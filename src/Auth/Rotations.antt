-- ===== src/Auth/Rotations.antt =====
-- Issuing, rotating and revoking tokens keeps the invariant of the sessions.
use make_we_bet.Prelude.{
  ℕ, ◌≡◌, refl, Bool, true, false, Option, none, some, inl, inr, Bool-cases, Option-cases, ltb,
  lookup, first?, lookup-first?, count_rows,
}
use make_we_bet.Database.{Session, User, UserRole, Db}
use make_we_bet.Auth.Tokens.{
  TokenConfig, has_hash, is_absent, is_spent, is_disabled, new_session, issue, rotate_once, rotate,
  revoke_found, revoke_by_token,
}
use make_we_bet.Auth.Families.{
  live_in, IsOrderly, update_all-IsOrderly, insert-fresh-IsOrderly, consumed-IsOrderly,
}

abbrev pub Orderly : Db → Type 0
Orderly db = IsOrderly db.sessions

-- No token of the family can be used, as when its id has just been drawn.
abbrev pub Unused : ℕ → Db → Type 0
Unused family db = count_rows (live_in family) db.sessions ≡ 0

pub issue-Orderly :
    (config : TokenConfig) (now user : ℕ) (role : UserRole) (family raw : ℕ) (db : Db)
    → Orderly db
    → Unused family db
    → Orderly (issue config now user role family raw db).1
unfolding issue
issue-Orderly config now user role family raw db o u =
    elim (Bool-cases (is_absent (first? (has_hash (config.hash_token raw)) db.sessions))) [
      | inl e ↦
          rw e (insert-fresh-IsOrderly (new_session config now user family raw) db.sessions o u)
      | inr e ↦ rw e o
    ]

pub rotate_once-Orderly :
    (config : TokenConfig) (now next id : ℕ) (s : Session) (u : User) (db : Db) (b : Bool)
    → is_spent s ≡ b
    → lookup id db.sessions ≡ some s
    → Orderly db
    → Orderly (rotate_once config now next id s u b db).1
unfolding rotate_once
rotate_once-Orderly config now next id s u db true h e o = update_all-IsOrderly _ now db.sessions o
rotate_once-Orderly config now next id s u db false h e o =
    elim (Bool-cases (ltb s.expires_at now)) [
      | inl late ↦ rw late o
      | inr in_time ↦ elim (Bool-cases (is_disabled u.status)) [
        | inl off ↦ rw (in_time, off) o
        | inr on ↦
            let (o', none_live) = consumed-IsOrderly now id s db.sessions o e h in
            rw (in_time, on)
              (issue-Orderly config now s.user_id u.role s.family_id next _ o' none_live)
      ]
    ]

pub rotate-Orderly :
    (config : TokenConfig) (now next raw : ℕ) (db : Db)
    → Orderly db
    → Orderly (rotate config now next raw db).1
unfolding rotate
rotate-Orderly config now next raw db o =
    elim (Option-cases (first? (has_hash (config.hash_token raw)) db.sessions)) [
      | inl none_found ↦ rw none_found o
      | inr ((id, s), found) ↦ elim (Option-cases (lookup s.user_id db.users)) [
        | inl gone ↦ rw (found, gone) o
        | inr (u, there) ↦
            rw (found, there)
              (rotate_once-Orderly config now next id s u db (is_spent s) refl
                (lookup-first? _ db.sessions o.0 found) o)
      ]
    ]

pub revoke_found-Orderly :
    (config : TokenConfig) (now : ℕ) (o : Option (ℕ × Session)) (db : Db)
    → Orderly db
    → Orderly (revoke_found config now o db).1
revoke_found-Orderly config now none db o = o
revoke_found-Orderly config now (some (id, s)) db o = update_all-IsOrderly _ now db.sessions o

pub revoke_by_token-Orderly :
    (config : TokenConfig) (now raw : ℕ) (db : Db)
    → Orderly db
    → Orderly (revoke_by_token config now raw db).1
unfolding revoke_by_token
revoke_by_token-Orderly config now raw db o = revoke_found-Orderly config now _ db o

****

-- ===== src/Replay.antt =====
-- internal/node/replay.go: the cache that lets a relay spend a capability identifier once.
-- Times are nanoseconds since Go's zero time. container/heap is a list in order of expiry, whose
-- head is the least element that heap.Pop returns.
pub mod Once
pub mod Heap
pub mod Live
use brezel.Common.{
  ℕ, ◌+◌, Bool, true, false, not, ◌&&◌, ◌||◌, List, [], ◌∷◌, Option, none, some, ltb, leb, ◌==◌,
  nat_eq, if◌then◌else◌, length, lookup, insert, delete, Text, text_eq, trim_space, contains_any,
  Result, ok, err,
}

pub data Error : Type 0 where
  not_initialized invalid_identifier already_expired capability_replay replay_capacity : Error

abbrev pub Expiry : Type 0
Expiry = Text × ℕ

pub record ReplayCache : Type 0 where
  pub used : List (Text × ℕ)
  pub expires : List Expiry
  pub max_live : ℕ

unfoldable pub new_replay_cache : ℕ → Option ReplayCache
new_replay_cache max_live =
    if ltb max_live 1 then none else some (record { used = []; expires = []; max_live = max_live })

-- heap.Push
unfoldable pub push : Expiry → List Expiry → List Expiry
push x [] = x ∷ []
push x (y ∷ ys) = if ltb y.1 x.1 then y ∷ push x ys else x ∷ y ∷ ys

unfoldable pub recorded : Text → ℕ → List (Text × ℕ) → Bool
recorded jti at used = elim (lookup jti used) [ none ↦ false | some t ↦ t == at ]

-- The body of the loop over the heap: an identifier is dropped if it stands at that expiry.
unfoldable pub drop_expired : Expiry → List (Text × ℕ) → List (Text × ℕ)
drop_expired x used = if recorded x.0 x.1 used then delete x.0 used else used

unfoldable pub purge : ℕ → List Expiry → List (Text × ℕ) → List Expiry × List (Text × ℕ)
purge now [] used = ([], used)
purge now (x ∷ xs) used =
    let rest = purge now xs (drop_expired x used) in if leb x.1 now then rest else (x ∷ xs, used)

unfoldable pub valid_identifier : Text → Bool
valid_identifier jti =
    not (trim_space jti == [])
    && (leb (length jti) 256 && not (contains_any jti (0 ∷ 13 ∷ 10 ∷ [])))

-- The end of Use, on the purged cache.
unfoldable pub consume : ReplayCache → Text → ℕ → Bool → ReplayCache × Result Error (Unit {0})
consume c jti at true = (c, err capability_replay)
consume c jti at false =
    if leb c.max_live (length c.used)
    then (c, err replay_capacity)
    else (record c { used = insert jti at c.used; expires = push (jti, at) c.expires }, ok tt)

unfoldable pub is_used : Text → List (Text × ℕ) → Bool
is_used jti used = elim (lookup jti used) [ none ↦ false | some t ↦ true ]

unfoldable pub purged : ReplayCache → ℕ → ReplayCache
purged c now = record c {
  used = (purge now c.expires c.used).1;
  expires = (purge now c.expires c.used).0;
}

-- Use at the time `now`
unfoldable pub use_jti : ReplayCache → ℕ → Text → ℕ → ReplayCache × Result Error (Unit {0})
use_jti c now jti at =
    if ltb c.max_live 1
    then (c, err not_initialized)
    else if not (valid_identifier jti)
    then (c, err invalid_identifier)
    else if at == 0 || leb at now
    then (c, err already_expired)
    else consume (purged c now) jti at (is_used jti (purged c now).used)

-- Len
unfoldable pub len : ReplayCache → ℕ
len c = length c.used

****

● **WORK REQUEST**
Your answer must be the lines above from the one containing "unfoldable pub consume" to the one containing "then (c, err replay_capacity)", both included, restated word for word.

● **WRITTEN SOLUTION**
unfoldable pub consume : ReplayCache → Text → ℕ → Bool → ReplayCache × Result Error (Unit {0})
consume c jti at true = (c, err capability_replay)
consume c jti at false =
    if leb c.max_live (length c.used)
    then (c, err replay_capacity)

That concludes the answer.